しかし今回の料金体系は、5分間通話無料という不要な人も少なくない機能を、標準セットに組み込むのではなくオプション扱いにすることで他社よりも500円安い価格を実現したのだから、一切紛らわしいと言われる筋合いはないのである。
そもそもahamoは最初に衝撃的なプランを提示したことで、これまでのdocomoというキャリアのイメージを突き崩した。SoftBank on LINEも「LINE」という、もはや生活においてなくてはならないSNSをデータ通信量フリーにすることで、他社との差別化をした。
そうした意味で、サービスの内容は各社工夫できる範囲で違っており、料金こそ横並びでも、決してサービス内容は横並びではない。キャリアも消費者にとって自社のサービスを選ぶだけの価値があるとアピールするために、分かりやすい料金体系をと工夫をしているのである。
分かってる人だけが得をした従来の携帯料金プラン

では、旧来の携帯電話時代から続く料金の「紛らわしさ」とは何だったのか。
それは「月々○千円!」と宣伝では大きく前面に出ているスマホ料金が、実際にはウェブ使用料や2年縛りや家族との契約や端末補助や1年限りのキャンペーン割引といった、特別な条件による割引を全部含めて初めて達成できる料金だったという点ではないだろうか。
その結果、契約した当初は期待通りの料金で使えても、長い期間、同じキャリアで同じスマホを同じように使い続けると、各種割引が失われて、月額料金が高くなるという状態になっていた。
だから分かっている人は、使っているキャリアや携帯に不満がなくても、2年ごとにキャリアを変えて割引を適用し、携帯を買い換えることで端末購入補助を受けていた。そうすることで最新機種が維持でき、料金も安く抑えることができた。

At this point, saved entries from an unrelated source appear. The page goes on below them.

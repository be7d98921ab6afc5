-- ===== src/Channel/Valid.antt =====
-- The invariant of engin/channel.hpp: the indices stay inside the array and agree with `m_unread`,
-- and a chroutine waits to read only while nothing is there to read.
use chroutine.Prelude.{
  ℕ, ◌+◌, ◌%◌, ◌≤◌, ◌<◌, ◌≡◌, refl, sym, ap, ◌⊎◌, inl, inr, Bool, true, false, List, [], ◌∷◌, arith,
}
use chroutine.Prelude.Int.{ℤ}
use native.Mathlib.Nat.{mod-add-mod}
use chroutine.Channel.{
  WriteContext, spins, Channel, Caller, ReadContext, Call, writes, reads, resets, create, write,
  read, reset, step, put, enqueue_reader, refill, advance,
}
use chroutine.Channel.Ring.{mod_wrap}

pub record IsValid {ℓ} {T : Type ℓ} (c : Channel T) : Type ℓ where
  pub r_in : c.r_index < c.max_size
  pub unread_in : c.unread ≤ c.max_size
  pub w_at : c.w_index ≡ (c.r_index + c.unread) % c.max_size
  pub readers_idle : (c.unread ≡ 0) ⊎ (c.waiting_read_que ≡ [])

module _ {ℓ} {T : Type ℓ} where
  -- A new channel is valid, holds nothing and is unlocked, whatever size was asked for.
  pub create-IsValid : (n : ℤ) (a : ℕ → T) → IsValid (create n a)
  unfolding create
  create-IsValid n a = ground arith

  -- The write index is inside the array.
  pub w_in : {c : Channel T} → IsValid c → c.w_index < c.max_size
  w_in {c} v = ground (arith, mod_wrap (c.r_index + c.unread) c.max_size)

  put-IsValid :
      (rs : List ReadContext) (x : T) {c : Channel T}
      → IsValid c
      → rs ≡ c.waiting_read_que
      → c.unread < c.max_size
      → IsValid (put rs x c).channel
  unfolding put
  put-IsValid [] x {c} v e h = record {
    r_in = v.r_in;
    unread_in = omega arith;
    w_at = rw (v.w_at, mod-add-mod) (ap (λ k. k % c.max_size) (omega arith));
    readers_idle = inr (sym e);
  }
  put-IsValid (r ∷ rs) x {c} v e h = record {
    r_in = v.r_in;
    unread_in = v.unread_in;
    w_at = v.w_at;
    readers_idle = inl (ground arith);
  }

  enqueue_reader-IsValid :
      (self : Caller) (p : ℕ) {c : Channel T}
      → IsValid c
      → c.unread ≡ 0
      → IsValid (enqueue_reader self p c).channel
  unfolding enqueue_reader
  enqueue_reader-IsValid self p v h = record {
    r_in = v.r_in;
    unread_in = v.unread_in;
    w_at = v.w_at;
    readers_idle = inl h;
  }

  pub write-IsValid :
      (self : Caller) (x : T) (try_ : Bool) {c : Channel T}
      → IsValid c
      → IsValid (write self x try_ c).channel
  unfolding write
  write-IsValid self x try_ {c} v = ground (arith, put-IsValid c.waiting_read_que x v refl)

  advance-IsValid : {c : Channel T} → IsValid c → 0 < c.unread → IsValid (advance c)
  advance-IsValid {c} v h = record {
    r_in = ground (arith, mod_wrap (c.r_index + 1) c.max_size);
    unread_in = omega arith;
    w_at = rw (v.w_at, mod-add-mod) (ap (λ k. k % c.max_size) (omega arith));
    readers_idle = ground arith;
  }

  pub unlocked_advance-IsValid :
      {c : Channel T} → IsValid c → 0 < c.unread → IsValid (record (advance c) { locked = false })
  unlocked_advance-IsValid {c} v h =
      let w = advance-IsValid v h in
      record {
        r_in = w.r_in;
        unread_in = w.unread_in;
        w_at = w.w_at;
        readers_idle = w.readers_idle;
      }

  reset-IsValid : {c : Channel T} → IsValid c → IsValid (reset c).channel
  unfolding reset
  reset-IsValid v = ground arith

  -- A read that finds a writer waiting takes its element, writes for it, and stays in that write.
  refill-cons :
      (self : Caller) (w : WriteContext T) (ws : List (WriteContext T)) (c : Channel T)
      → c.locked ≡ true
      → refill self (w ∷ ws) c ≡ record { reply = spins; channel = c; effects = [] }
  unfolding refill
  refill-cons self w ws c h = rw h

  refill-IsValid :
      (self : Caller) (ws : List (WriteContext T)) {c : Channel T}
      → IsValid c
      → c.locked ≡ true
      → IsValid (refill self ws c).channel
  unfolding refill
  refill-IsValid self [] v h = ground arith
  refill-IsValid self (w ∷ ws) {c} v h = rw (refill-cons self w ws c h) v

  take-IsValid :
      (self : Caller) {c : Channel T}
      → IsValid c
      → 0 < c.unread
      → IsValid (refill self c.waiting_write_que (advance c)).channel
  take-IsValid self {c} v h = refill-IsValid self c.waiting_write_que (advance-IsValid v h) refl

  read-IsValid :
      (self : Caller) (p : ℕ) (try_ : Bool) {c : Channel T}
      → IsValid c
      → IsValid (read self p try_ c).channel
  unfolding read
  read-IsValid self p try_ {c} v = ground (arith, take-IsValid self v)

  -- Every call keeps the channel valid: a write, a read, a reset, whether it returns, waits or
  -- stays at the lock.
  pub step-IsValid : (call : Call T) {c : Channel T} → IsValid c → IsValid (step c call).channel
  unfolding step
  step-IsValid (writes self x try_) v = write-IsValid self x try_ v
  step-IsValid (reads self p try_) v = read-IsValid self p try_ v
  step-IsValid resets v = reset-IsValid v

中には携帯ショップ独自のキャッシュバックを上手に利用して「使わない携帯を何台も契約して、お金を儲けている」という人もいた。だが、端末の割引にしろキャッシュバックにしろ、割引を実現するためのお金はキャリアを変えずにひとつの携帯を長く使う人たちから出ているお金である。
携帯電話をどんどん買い換えたり、キャッシュバックのために使いもしない携帯を購入する人ばかりが得をして、そうでない人は割高な料金を支払い続ける。そうした顧客間の不公平をなくし、公正な競争を実現するために、これまで携帯業界に様々な指導をしてきたのが総務省である。